--- Your goal ---
Write out, word for word, only the data from its first line to the line containing "-- main() of Src/main.c, on concrete states.".

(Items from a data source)
──────────────────────────────
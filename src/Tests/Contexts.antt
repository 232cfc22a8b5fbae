-- ===== src/Tests/Contexts.antt =====
-- The theorems on the context switch of Kernel/os_kernel_asm.s, on the self-test of Kernel/os_tests.c and on
-- main() of Src/main.c, on concrete states.
use sentinel_rtos.Base.{◌+◌, ◌*◌, true, inl, ◌≡◌, refl, arith, some, inr, update}
use sentinel_rtos.Kernel.State.{Kernel}
use sentinel_rtos.Kernel.Run.{Run, done, yielded, fault, halted, bind}
use sentinel_rtos.Kernel.Scheduler.{
  os_scheduler, canary_intact, switch, choose, scan, consider, scan_start, dispatch, preempt,
}
use sentinel_rtos.Kernel.ContextSwitch.{
  Cpu, store_registers, save_context, restore_context, restore_current, pend_sv_handler,
}
use sentinel_rtos.Kernel.ContextSwitch.RoundTrip.{switch_and_back}
use sentinel_rtos.Kernel.System.{reset_state}
use sentinel_rtos.Queue.Polled.{Touches}
use sentinel_rtos.Post.{os_run_post}
use sentinel_rtos.Post.Passes.{os_run_post-passes}
use sentinel_rtos.Kernel.Safety.{Runs}
use sentinel_rtos.Boot.{Program, main}
use sentinel_rtos.Boot.Ready.{IsReady}
use sentinel_rtos.Boot.Entry.{Enters}
use sentinel_rtos.Kernel.Boot.{FirstTask}
use sentinel_rtos.Boot.Creation.{IsLinked}
use sentinel_rtos.Boot.Launch.{main-launches}
use sentinel_rtos.Tests.{stop, four}

-- The processor in task 0, and later in task 3.
abbrev in_zero : Cpu
in_zero = record { psp = 0x2000_0200; saved = λ i. 100 + i }

abbrev in_three : Cpu
in_three = record { psp = 0x2000_0e00; saved = λ i. 300 + i }

abbrev cpu_after : Run Cpu → Cpu
cpu_after (done cpu k) = cpu
cpu_after (yielded k g) = in_zero
cpu_after fault = in_zero
cpu_after (halted k) = in_zero

abbrev away : Run Cpu
away = pend_sv_handler in_zero four

abbrev back : Run Cpu
back = pend_sv_handler in_three (stop away)

went : away ≡ done (cpu_after away) (stop away)
unfolding pend_sv_handler bind os_scheduler save_context restore_current restore_context
    canary_intact switch choose scan consider scan_start dispatch preempt store_registers
went = refl

now_three : (stop away).current_tcb ≡ some 3
unfolding pend_sv_handler bind os_scheduler save_context restore_current restore_context
    canary_intact switch choose scan consider scan_start dispatch preempt store_registers
now_three = refl

came_back : back ≡ done (cpu_after back) (stop back)
unfolding pend_sv_handler bind os_scheduler save_context restore_current restore_context
    canary_intact switch choose scan consider scan_start dispatch preempt store_registers
came_back = refl

now_zero : (stop back).current_tcb ≡ some 0
unfolding pend_sv_handler bind os_scheduler save_context restore_current restore_context
    canary_intact switch choose scan consider scan_start dispatch preempt store_registers
now_zero = refl

switch_and_back_example :
    ((cpu_after back).psp ≡ in_zero.psp) × ((cpu_after back).saved 7 ≡ in_zero.saved 7)
switch_and_back_example =
    switch_and_back in_zero (cpu_after away) in_three (cpu_after back) four (stop away) (stop away)
      (stop back) 0 3 3 7 (omega arith) refl went now_three refl (λ j lt. refl) now_three
      (omega arith) (inr (omega arith)) (omega arith) came_back now_zero (omega arith)

-- Queue 0 with its own two semaphores.
abbrev wired : Kernel
wired = record reset_state {
  queues =
      update reset_state.queues 0
        (record (reset_state.queues 0) { lock = 1; empty_slots = 1; filled_slots = 2 });
}

os_run_post-passes_example :
    (k' : Kernel) × (os_run_post 0 0 0 0x2001_0000 wired ≡ done tt k')
    × (k'.primask ≡ wired.primask)
    × Touches wired k' 0x2001_0000 4
os_run_post-passes_example = os_run_post-passes wired 0 0 0 0x2001_0000 (omega arith)

-- A program whose three queues have their own semaphores.
abbrev pub radar_program : Program
radar_program = record {
  sweep_queue = 0;
  sweep_queue_buffer = 0x2000_3000;
  echo_ready = 0;
  uart_lock = 0;
  radar_task = 0x0800_0101;
  sweep_task = 0x0800_0201;
  os_idle_task = 0x0800_0301;
  radar_stack = 0x2000_0000;
  sweep_stack = 0x2000_0400;
  idle_stack = 0x2000_0800;
  post_mutex = 10;
  post_semaphore = 10;
  post_queue = 1;
  post_buffer = 0x2001_f000;
  ping_sem = 11;
  pong_sem = 12;
  bench_mutex = 10;
  bench_semaphore = 10;
  bench_queue = 2;
  bench_buffer = 0x2001_f000;
}

abbrev pub program_memory : Kernel
program_memory = record reset_state {
  queues = λ q. record (reset_state.queues q) {
    lock = q + 1;
    empty_slots = 2 * q + 1;
    filled_slots = 2 * q + 2;
  };
}

radar_program-IsLinked : IsLinked radar_program program_memory
radar_program-IsLinked = record {
  radar_entry = omega arith;
  sweep_entry = omega arith;
  idle_entry = omega arith;
  from_sweep = inl (omega arith);
  from_idle = inl (omega arith);
  from_buffer = inl (omega arith);
  post_slots = omega arith;
  bench_slots = omega arith;
}

main-launches_example :
    (k' : Kernel) × (f : FirstTask) × (main radar_program program_memory ≡ done f k')
    × Enters 0x2000_0000 0x0800_0101 f
    × Runs k' 0
    × (k'.kernel_running ≡ true)
    × (k'.primask ≡ 0)
    × IsReady 0x2000_0000 0x0800_0101 k'
main-launches_example = main-launches radar_program program_memory radar_program-IsLinked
──────────────────────────────
--- Task answer ---
filename src/Tests/Contexts.antt
repository 232cfc22a8b5fbae
-- ===== src/Tests/Contexts.antt =====
-- The theorems on the context switch of Kernel/os_kernel_asm.s, on the self-test of Kernel/os_tests.c and on
-- main() of Src/main.c, on concrete states.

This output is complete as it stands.